One essential piece in the broader definition of the design space is the response. The response is the outcome or result of an experiment, typically measured and recorded as either a numerical value (e.g., yield, particle size, viscosity) or a categorical outcome (e.g., pass/fail, stable/unstable). While the design space defines the inputs – the parameters we control – the response captures the output, allowing us to evaluate the impact of different parameter combinations. More importantly, experiments may contain more than one response, thus forming a response space. Equally to the design space, the response space is a mathematical construct where each experiment is mapped based on its response values.

For simplicity, let’s consider a case with a single response – say, yield. In this scenario, each experiment is mapped not only by its input parameters, but also by its corresponding response value. The response surface can be imagined as a continuous function that spans across the defined design space. (Yes, it’s a bit of a confusing term – ‘response space’ sitting within the ‘design space’ – but stay with me.)

Now, imagine performing every possible experiment defined by your parameter boundaries and step sizes. You’d essentially be evaluating the entire design space, and each combination would return a response value. Visually, this would produce a surface (or curve, in lower dimensions) that represents how the response changes across different parameter settings.

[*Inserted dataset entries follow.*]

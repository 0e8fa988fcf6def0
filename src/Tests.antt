-- ===== src/Tests.antt =====
-- Examples: workshops on which the theorems are applied, in the cluster of Kube/Memory.
mod Users
mod Projects
mod Operators
mod Components
mod Services
mod Argo
mod Meshes
mod Bookbags
use workshop_operator.Prelude.{String, Bool, true, false, none, some, List, [], ◌∷◌}
use workshop_operator.Prelude.Int.{ℤ, pos}
use workshop_operator.Api.{OperatorHubSpec, ImageSpec, WorkshopSpec}
use workshop_operator.Kube.Object.{Object, user_spec, deployment_spec}
use workshop_operator.Gitea.{Web}
use workshop_operator.Build.Base.{Workshop, object_meta, pod_of, container_of}
use workshop_operator.Controller.{workshop_finalizer}

abbrev hub : OperatorHubSpec
hub = record { channel = "stable"; cluster_service_version = "v1.2.0" }

abbrev image : ImageSpec
image = record { name = "image"; tag = "1" }

abbrev pub spec_of : (users : ℤ) (projects : Bool) (staging_name : String) → WorkshopSpec
spec_of users projects staging_name = record {
  source = record { git_url = "https://git.example.com/workshop"; git_branch = "main" };
  user_details = record {
    user_name_prefix = "student";
    number_of_users = users;
    default_password = "secret";
  };
  infrastructure = record {
    cert_manager = record { enabled = true; operator_hub = hub };
    code_ready_workspace = record {
      enabled = false;
      operator_hub = hub;
      openshift_oauth = false;
      plugin_registry_image = image;
    };
    gitea = record { enabled = true; image = image };
    git_ops = record { enabled = true; operator_hub = hub };
    guide = record {
      bookbag = record { enabled = true; image = image };
      scholars = record { enabled = false; guide_url = [] };
    };
    nexus = record { enabled = true; image = image };
    pipeline = record { enabled = true; operator_hub = hub };
    project = record { enabled = projects; staging_name = staging_name };
    service_mesh = record {
      enabled = false;
      service_mesh_operator_hub = hub;
      elastic_search_operator_hub = hub;
      jaeger_operator_hub = hub;
      kiali_operator_hub = hub;
    };
    serverless = record { enabled = true; operator_hub = hub };
    vault = record { enabled = true; image = image; agent_injector_image = image };
  };
}

-- Functions of Go's libraries, in their simplest form.
abbrev pub web : Web
web = record { encode = λ form. "form"; byte_length = λ text. 4; is_url = λ text. true }

abbrev pub deployment_of : (name namespace_name : String) → Object
deployment_of name namespace_name = record {
  meta = object_meta name namespace_name [];
  spec = deployment_spec (record {
    replicas = some 1;
    match_labels = [];
    strategy = "";
    template_labels = [];
    pod = pod_of (container_of name name ∷ []);
  });
}

-- Two users, each with a project.
abbrev pub two_users : Workshop
two_users = record {
  meta = object_meta "workshop" "operator" [];
  spec = spec_of (pos 2) true "project";
}

abbrev pub unnamed_projects : Workshop
unnamed_projects = record two_users { spec = spec_of (pos 2) true "" }

abbrev pub no_projects : Workshop
no_projects = record two_users { spec = spec_of (pos 2) false "project" }

-- Marked to be deleted, with the finalizer.
abbrev pub deleted_workshop : Workshop
deleted_workshop = record {
  meta = record (object_meta "workshop" "operator" []) {
    finalizers = workshop_finalizer ∷ [];
    deletion_timestamp = some 1;
  };
  spec = spec_of (pos 2) true "project";
}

In mathematical terms, this relationship is described by a function:

f(X) = Y


Here, X represents a vector of input parameters (e.g., pH, temperature, water volume), and Y is the resulting response (e.g., yield). This function helps us formalise how inputs map to outputs – forming the foundation for statistical modelling and, eventually, machine learning.

m i n d s e t

Conceptual understanding is crucial, especially for us humans, because it allows us to visualise and reason about abstract ideas like the design space. When we mentally picture the design space as a landscape with peaks, valleys, and contours representing the response, we begin to approach experimentation not as a series of isolated trials, but as a journey through a structured environment.

This shift in mindset has profound implications. Instead of simply testing conditions at random or based on intuition, we begin to ask: What region of the space am I in? How might a small change in one variable move me along the surface? Am I climbing toward a better response, or descending into less desirable outcomes?

In this way, a strong conceptual grasp of the design space doesn’t just support better analysis – it shapes the way we design, plan, and interpret experiments, allowing for more informed decision-making, deeper insights, and ultimately more efficient scientific discovery.

During my PhD, I came across a citation by geographer Waldo Tobler, whose First Law of Geography states:

Everything is related to everything else, but near things are more related than distant things.

W. Tobler

Though originally meant for geographic systems, this idea has deeply influenced how I think about design spaces in experimental science. In a way, Tobler’s law maps intuitively onto our understanding of response surfaces. Nearby points in the design space – experiments with similar parameter values – are likely to produce similar outcomes. As you move further away, the behaviour may begin to diverge.

P(Y=Y')\propto d(X, X')

This makes me think of the design space as a kind of map – a landscape that we gradually explore and uncover through experimentation. Each experiment is like stepping into uncharted territory, revealing a small piece of the terrain. With every new data point, we illuminate previously unknown regions, discover unexpected peaks (optimal conditions), and sometimes encounter valleys or cliffs (undesirable outcomes).